Material to process>

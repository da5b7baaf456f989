-- ===== src/Manager/Cluster/Membership.antt =====
-- Which nodes a manager knows after a snapshot of the cluster.
use rust_accelerator_no_sql.Map
use rust_accelerator_no_sql.Map.{Map}
use rust_accelerator_no_sql.Prelude.{
  ℕ, ◌≡◌, ◌==◌, ◌||◌, ltb, refl, sym, ap, ◌∙◌, arith, List, [], ◌∷◌, none, some, true, false, Bool,
  if◌then◌else◌, inl, inr, ◌⊎◌, Bool-cases, Option-cases, contains,
}
use rust_accelerator_no_sql.Manager.{State, ManagerProtocol}
use rust_accelerator_no_sql.Manager.Cluster.{
  add_node, merge_item, merge_items, prune_nodes, item_ids, handle_cluster_state,
}
use rust_accelerator_no_sql.Manager.Cluster.Acceptance.{IsAcceptable, cluster_state_cases}
use rust_accelerator_no_sql.Common.{
  Node, NodeId, NodeType, manager, worker, ClusterNode, Me, Partitions,
}

contains_key-add_node :
    (nodes : Map Node) (item : ClusterNode) (node_type : NodeType) (id : NodeId)
    → Map.contains_key (add_node nodes item node_type).0 id ≡ true
    → (Map.contains_key nodes id ≡ true) ⊎ ((item.id == id) ≡ true)
unfolding add_node
contains_key-add_node nodes item manager id h = inl h
contains_key-add_node nodes item worker id h = elim (Bool-cases (item.id == id)) [
  | inl same ↦ inr same
  | inr differ ↦ inl (
      ground (
        arith,
        differ,
        h,
        Map.contains_key-insert nodes item.id id (record {
          host = item.host;
          port = item.port;
          last_heartbeat = item.last_heartbeat;
          node_type = worker;
        }),
      ))
]

merge_item-new :
    (nodes : Map Node) (item : ClusterNode)
    → Map.get nodes item.id ≡ none
    → merge_item nodes item ≡ add_node nodes item item.node_type
unfolding merge_item
merge_item-new nodes item e = rw (e, merge_item) refl

merge_item-known :
    (nodes : Map Node) (item : ClusterNode) {node : Node}
    → Map.get nodes item.id ≡ some node
    → (merge_item nodes item).0 ≡ (
        if ltb node.last_heartbeat item.last_heartbeat
        then Map.insert nodes item.id (record node { last_heartbeat = item.last_heartbeat })
        else nodes)
unfolding merge_item
merge_item-known nodes item e = rw (e, merge_item) refl

contains_key-updated :
    (nodes : Map Node) (i id : NodeId) (node : Node) (b : Bool)
    → Map.contains_key (if b then Map.insert nodes i node else nodes) id ≡ true
    → (Map.contains_key nodes id ≡ true) ⊎ ((i == id) ≡ true)
contains_key-updated nodes i id node false h = inl h
contains_key-updated nodes i id node true h = elim (Bool-cases (i == id)) [
  | inl same ↦ inr same
  | inr differ ↦ inl (ground (arith, differ, h, Map.contains_key-insert nodes i id node))
]

contains_key-merge_item :
    (nodes : Map Node) (item : ClusterNode) (id : NodeId)
    → Map.contains_key (merge_item nodes item).0 id ≡ true
    → (Map.contains_key nodes id ≡ true) ⊎ ((item.id == id) ≡ true)
contains_key-merge_item nodes item id h = elim (Option-cases (Map.get nodes item.id)) [
  | inl e ↦ contains_key-add_node nodes item item.node_type id (
      sym (
        ap (λ (r : Map Node × List ManagerProtocol). Map.contains_key r.0 id)
          (merge_item-new nodes item e))
      ∙ h)
  | inr (node, e) ↦
      contains_key-updated nodes item.id id (record node { last_heartbeat = item.last_heartbeat })
        (ltb node.last_heartbeat item.last_heartbeat)
        (sym (ap (λ ns. Map.contains_key ns id) (merge_item-known nodes item {node = node} e)) ∙ h)
]

contains_key-merge_items :
    (items : List ClusterNode) (nodes : Map Node) (id : NodeId)
    → Map.contains_key (merge_items nodes items).0 id ≡ true
    → (Map.contains_key nodes id ≡ true) ⊎ (contains (item_ids items) id ≡ true)
unfolding merge_items
contains_key-merge_items [] nodes id h = inl h
contains_key-merge_items (item ∷ items) nodes id h =
    elim (contains_key-merge_items items (merge_item nodes item).0 id h) [
      | inr named ↦ inr (ground (arith, named))
      | inl known ↦ elim (contains_key-merge_item nodes item id known) [
        | inl before ↦ inl before
        | inr same ↦ inr (ground (arith, same))
      ]
    ]

contains_key-prune_nodes :
    (nodes : Map Node) (item : ClusterNode) (items : List ClusterNode) (me : Me) (id : NodeId)
    → Map.contains_key (prune_nodes nodes (item ∷ items) me) id ≡ true
    → (id == me.id || contains (item_ids (item ∷ items)) id) ≡ true
unfolding prune_nodes Map.contains_key
contains_key-prune_nodes nodes item items me id h =
    ground (
      arith,
      h,
      Map.get-retain (λ i _. i == me.id || contains (item_ids (item ∷ items)) i) nodes id,
    )

-- After a snapshot with a list of nodes is taken up, a manager knows no node but itself and those
-- that the snapshot names.
pub full_snapshot_members :
    (state : State) (epoch : ℕ) (leader_id : NodeId) (item : ClusterNode) (items : List ClusterNode)
    (partitions : Partitions) (me : Me) (id : NodeId)
    → IsAcceptable state epoch leader_id
    → Map.contains_key
        (handle_cluster_state state epoch leader_id (item ∷ items) partitions me).0.nodes
        id
      ≡ true
    → (id ≡ me.id) ⊎ (contains (item_ids (item ∷ items)) id ≡ true)
full_snapshot_members state epoch leader_id item items partitions me id ok h =
    elim (cluster_state_cases state epoch leader_id (item ∷ items) partitions me) [
      | inl (refused, same) ↦ absurd (refused ok)
      | inr (ok', e, l, p, nodes) ↦
          elim (contains_key-merge_items (item ∷ items) (prune_nodes state.nodes (item ∷ items) me)
            id (sym (ap (λ ns. Map.contains_key ns id) nodes) ∙ h)) [
              | inr named ↦ inr named
              | inl kept ↦
                  let either = contains_key-prune_nodes state.nodes item items me id kept in
                  elim (Bool-cases (id == me.id)) [
                    | inl mine ↦ inl (ground (arith, mine))
                    | inr other ↦ inr (ground (arith, other, either))
                  ]
            ]
    ]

Your goal> Return word for word the line with "IsAcceptable state epoch leader_id" and every line after it through the end of the records above.

Answer for the task>
    → IsAcceptable state epoch leader_id
    → Map.contains_key
        (handle_cluster_state state epoch leader_id (item ∷ items) partitions me).0.nodes
        id
      ≡ true
    → (id ≡ me.id) ⊎ (contains (item_ids (item ∷ items)) id ≡ true)
full_snapshot_members state epoch leader_id item items partitions me id ok h =
    elim (cluster_state_cases state epoch leader_id (item ∷ items) partitions me) [
      | inl (refused, same) ↦ absurd (refused ok)
      | inr (ok', e, l, p, nodes) ↦
          elim (contains_key-merge_items (item ∷ items) (prune_nodes state.nodes (item ∷ items) me)
            id (sym (ap (λ ns. Map.contains_key ns id) nodes) ∙ h)) [
              | inr named ↦ inr named
              | inl kept ↦
                  let either = contains_key-prune_nodes state.nodes item items me id kept in
                  elim (Bool-cases (id == me.id)) [
                    | inl mine ↦ inl (ground (arith, mine))
                    | inr other ↦ inr (ground (arith, other, either))
                  ]
            ]
    ]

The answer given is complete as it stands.